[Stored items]
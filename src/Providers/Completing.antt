-- ===== src/Providers/Completing.antt =====
-- `complete_json`; the network is a parameter.
use life_os_vnex.Prelude.{
  ℕ, String, Bool, false, not, Option, none, some, List, [], ◌∷◌, ◌++◌, if◌then◌else◌, ◌==◌,
}
use life_os_vnex.Prelude.Text.{◌⧺◌, take_text}
use life_os_vnex.Prelude.Json.{Json, null, str, obj, end, get_or, truthy}
use life_os_vnex.Prelude.Env.{Env, text_of}
use life_os_vnex.State.{Exception, Result, ok, raise}
use life_os_vnex.Providers.Values.{
  ProviderChoice, ProviderCompletion, fields_at, item_at, first_at, ◌>>?◌,
}

-- What comes of a request: a body and the time it took; the text of an error that is caught, which are
-- those of the network and of the JSON text; or an exception that is not caught, as for an address without
-- a scheme or a body that is not UTF-8.
pub data Reply : Type 0 where
  answered : Json → ℕ → Reply
  failed : String → Reply
  broken : Exception → Reply

-- `provider_type == "openai_compatible"` and the like.
abbrev is_text : Json → String → Bool
is_text (str s) t = s == t
is_text other t = false

abbrev has_key : Option String → Bool
has_key none = false
has_key (some k) = not (k == "")

-- `body.get("usage", {}) if isinstance(body, dict) else {}`
abbrev usage_of : Json → Json
usage_of (obj d) = get_or "usage" (obj end) d
usage_of other = obj end

-- Why a choice is passed over before a request is made.
unfoldable pub unusable : ProviderChoice → Option String
unusable c =
    if not (is_text c.provider_type "openai_compatible")
    then some (c.provider ⧺ ": not OpenAI-compatible")
    else if not (has_key c.api_key)
    then some (c.provider ⧺ ": no configured API key")
    else if not (truthy c.base_url)
    then some (c.provider ⧺ ": no base_url")
    else none

-- The request of a usable choice: its address is `base_url.rstrip('/')`, which only a text has.
unfoldable pub send_request : (ProviderChoice → Reply) → ProviderChoice → Reply
send_request respond c = elim c.base_url [
  | str url ↦ respond c
  | _ ↦ broken (Exception.attribute_error "object has no attribute 'rstrip'")
]

-- `"; ".join(errors)`
unfoldable pub join_errors : List String → String
join_errors [] = ""
join_errors (e ∷ []) = e
join_errors (e ∷ f ∷ es) = e ⧺ "; " ⧺ join_errors (f ∷ es)

module _ (env : Env) where
  -- The completion that is read from a body.
  unfoldable pub completion_of : ProviderChoice → Json → ℕ → Result ProviderCompletion
  completion_of c body ms = item_at "choices" body >>? λ choices. first_at choices >>? λ choice.
      item_at "message" choice >>? λ message. item_at "content" message >>? λ content.
      fields_at (usage_of body) >>? λ usage. ok (record {
        content = text_of env content;
        provider = c.provider;
        model = c.model;
        key_label = c.key_label;
        latency_ms = ms;
        input_tokens = get_or "prompt_tokens" null usage;
        output_tokens = get_or "completion_tokens" null usage;
      })

  -- The text that an error of a request is recorded with.
  abbrev pub failure_text : ProviderChoice → String → String
  failure_text c detail = c.provider ⧺ "/" ⧺ c.model ⧺ "/" ⧺ text_of env c.key_label ⧺ ": " ⧺ detail

  module _ (respond : ProviderChoice → Reply) where
    -- The loop over the choices, with the errors so far.
    unfoldable pub try_choices :
        String → List String → List ProviderChoice → Result ProviderCompletion
    try_choices agent errors [] = raise (
        Exception.runtime_error
          ("No provider route succeeded for " ⧺ agent ⧺ ": " ⧺ take_text 1200 (join_errors errors)))
    try_choices agent errors (c ∷ cs) = elim (unusable c) [
      | some e ↦ try_choices agent (errors ++ e ∷ []) cs
      | none ↦ elim (send_request respond c) [
        | broken e ↦ raise e
        | failed detail ↦ try_choices agent (errors ++ failure_text c detail ∷ []) cs
        | answered body ms ↦ completion_of c body ms
      ]
    ]

    -- `complete_json`, over the choices of the agent.
    unfoldable pub complete_json : String → Result (List ProviderChoice) → Result ProviderCompletion
    complete_json agent choices = choices >>? λ cs. try_choices agent [] cs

EXERCISE. Please copy, exactly and with nothing else, the lines above beginning at the line that has "answered : Json → ℕ → Reply" and ending with the line that has "module _ (env : Env) where".

RESPONSE AREA.
  answered : Json → ℕ → Reply
  failed : String → Reply
  broken : Exception → Reply

-- `provider_type == "openai_compatible"` and the like.
abbrev is_text : Json → String → Bool
is_text (str s) t = s == t
is_text other t = false

abbrev has_key : Option String → Bool
has_key none = false
has_key (some k) = not (k == "")

-- `body.get("usage", {}) if isinstance(body, dict) else {}`
abbrev usage_of : Json → Json
usage_of (obj d) = get_or "usage" (obj end) d
usage_of other = obj end

-- Why a choice is passed over before a request is made.
unfoldable pub unusable : ProviderChoice → Option String
unusable c =
    if not (is_text c.provider_type "openai_compatible")
    then some (c.provider ⧺ ": not OpenAI-compatible")
    else if not (has_key c.api_key)
    then some (c.provider ⧺ ": no configured API key")
    else if not (truthy c.base_url)
    then some (c.provider ⧺ ": no base_url")
    else none

-- The request of a usable choice: its address is `base_url.rstrip('/')`, which only a text has.
unfoldable pub send_request : (ProviderChoice → Reply) → ProviderChoice → Reply
send_request respond c = elim c.base_url [
  | str url ↦ respond c
  | _ ↦ broken (Exception.attribute_error "object has no attribute 'rstrip'")
]

-- `"; ".join(errors)`
unfoldable pub join_errors : List String → String
join_errors [] = ""
join_errors (e ∷ []) = e
join_errors (e ∷ f ∷ es) = e ⧺ "; " ⧺ join_errors (f ∷ es)

module _ (env : Env) where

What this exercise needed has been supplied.